Administrative regulation specifying notice form templates for compulsory purchase processes. Creates bureaucratic overhead without improving outcomes, adds compliance costs for local authorities, and maintains government power to forcibly acquire private property - a fundamental violation of property rights that distorts land markets and suppresses voluntary exchange.

delete The Public Order Act 2023 (Interference With Use or Operation of Key National Infrastructure) Regulations 2026 uksi-2026-112 · 2026
Summary

Amends Public Order Act 2023 to add 'life sciences infrastructure' (pharmaceutical research, development, manufacturing, and animal-testing licensed facilities) to the definition of key national infrastructure, making interference with them a specific criminal offense.

Reason

Keeping this regulation imposes hidden costs: it criminalizes peaceful protest targeting pharmaceutical practices, chilling free speech and democratic accountability; it creates regulatory favoritism by granting special protections to one industry; and it adds unnecessary complexity since existing criminal laws already protect all businesses from trespass, vandalism, and harassment.

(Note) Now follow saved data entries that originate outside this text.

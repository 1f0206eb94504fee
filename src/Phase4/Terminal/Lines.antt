-- ===== src/Phase4/Terminal/Lines.antt =====
-- The line buffer of termMain2 of phase4a/phase4.c.
use process_control.Base.{
  ℕ, zero, suc, ◌<◌, List, [], ◌∷◌, ◌++◌, length, length-append, arith, inl, inr, Bool-cases,
}
use process_control.Base.Int.{ℤ, eqb_ℤ}
use process_control.Base.Run.{Run, done, yields, halted, fault, out_of_fuel, bind}
use process_control.Phase4.State.{State, Call, Routine, Usloss, max_line}
use process_control.Phase4.Terminal.{is_full, hand_on, receive, term_round, term_rounds}

-- A routine that returns with a buffer has room in it, and it never meets undefined behaviour.
abbrev pub KeepsRoom : Run State Call ℤ (List ℕ) → Type 0
KeepsRoom (done buffer s) = length buffer < max_line
KeepsRoom (yields e s k) = (r : ℤ) (t : State) → KeepsRoom (k r t)
KeepsRoom (halted c s) = Unit {0}
KeepsRoom (fault s) = ⊥
KeepsRoom (out_of_fuel s) = ⊥

hand_on-room :
    (unit c : ℕ) (buffer : List ℕ) (s : State)
    → length buffer < max_line
    → KeepsRoom (hand_on unit c (buffer ++ c ∷ []) s)
unfolding hand_on
hand_on-room unit c buffer s h = elim (Bool-cases (is_full c (buffer ++ c ∷ []) s)) [
  | inl e ↦ rw e (λ r t. omega arith)
  | inr e ↦ rw e (ground (arith, length-append buffer (c ∷ [])))
]

receive-room :
    (u : Usloss) (unit : ℕ) (buffer : List ℕ) (status : ℤ) (s : State)
    → length buffer < max_line
    → KeepsRoom (receive u unit buffer status s)
unfolding receive
receive-room u unit buffer status s h = elim (Bool-cases (eqb_ℤ (u.stat_recv status) u.dev_busy)) [
  | inl e ↦ rw e (hand_on-room unit (u.stat_char status) buffer s h)
  | inr e ↦ elim (Bool-cases (eqb_ℤ (u.stat_recv status) u.dev_error)) [
    | inl k ↦ rw (e, k) tt
    | inr k ↦ rw (e, k) h
  ]
]

term_round-room :
    (u : Usloss) (unit : ℕ) (buffer : List ℕ) (s : State)
    → length buffer < max_line
    → KeepsRoom (term_round u unit buffer s)
unfolding term_round
term_round-room u unit buffer s h = λ status t.
    elim (Bool-cases (eqb_ℤ (u.stat_xmit status) u.dev_ready)) [
      | inl e ↦ rw e (λ r v. receive-room u unit buffer status v h)
      | inr e ↦ elim (Bool-cases (eqb_ℤ (u.stat_xmit status) u.dev_error)) [
        | inl k ↦ rw (e, k) tt
        | inr k ↦ rw (e, k) (receive-room u unit buffer status t h)
      ]
    ]

bind-room :
    (r : Routine (List ℕ)) (f : List ℕ → State → Routine (List ℕ))
    → KeepsRoom r
    → ((buffer : List ℕ) (s : State) → length buffer < max_line → KeepsRoom (f buffer s))
    → KeepsRoom (bind r f)
unfolding bind
bind-room (done buffer s) f h k = k buffer s h
bind-room (yields e s c) f h k = λ r t. bind-room (c r t) f (h r t) k
bind-room (halted c s) f h k = tt
bind-room (fault s) f h k = absurd h
bind-room (out_of_fuel s) f h k = absurd h

-- Whatever the terminal reports, and whatever other processes do between the calls, the daemon's
-- line buffer has room for a character at the start of every round: its index is below MAXLINE, so
-- that the character and the zero behind it are written inside the array of MAXLINE + 1.
pub term_rounds-room :
    (rounds : ℕ) (u : Usloss) (unit : ℕ) (buffer : List ℕ) (s : State)
    → length buffer < max_line
    → KeepsRoom (term_rounds rounds u unit buffer s)
unfolding term_rounds
term_rounds-room zero u unit buffer s h = h
term_rounds-room (suc rounds) u unit buffer s h =
    bind-room (term_round u unit buffer s) (term_rounds rounds u unit)
      (term_round-room u unit buffer s h) (term_rounds-room rounds u unit)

delete Further circumstances in which a claimant with limited capability for work and work-related activity is a “pre-2026 claimant” for the purposes of regulation 27 uksi-2026-113 · 2026
Summary

This regulation amends Universal Credit and Employment and Support Allowance rates, adjusting payment amounts for various claimant categories including single claimants, couples, and those with limited capability for work and work-related activity (LCWRA). It updates prescribed amounts, elements, and transitional provisions to reflect new payment levels effective April 2026.

Reason

This regulation increases welfare payments and creates complex bureaucratic structures for disability benefits, distorting work incentives and creating dependency. The expanded LCWRA provisions lock in higher payments for specific groups, reducing the incentive to return to work and increasing long-term welfare costs. The bureaucratic complexity and means-testing create administrative overhead while potentially discouraging employment through benefit cliffs.

keep The Employment Appeal Tribunal (Amendment) Rules 2026 uksi-2026-114 · 2026
Summary

Procedural amendment updating terminology and cross-references in Employment Appeal Tribunal Rules to align with the Employment Tribunal Procedure Rules 2024, specifically regarding 'written full reasons' and 'summary reasons' requirements and timing.

Reason

Deleting this technical amendment would create legal uncertainty and procedural confusion in employment appeals, leading to increased litigation costs, delays, and inconsistent outcomes. The clarity it provides is essential for predictable dispute resolution, which underpins contractual certainty and reduces systemic friction in labor markets.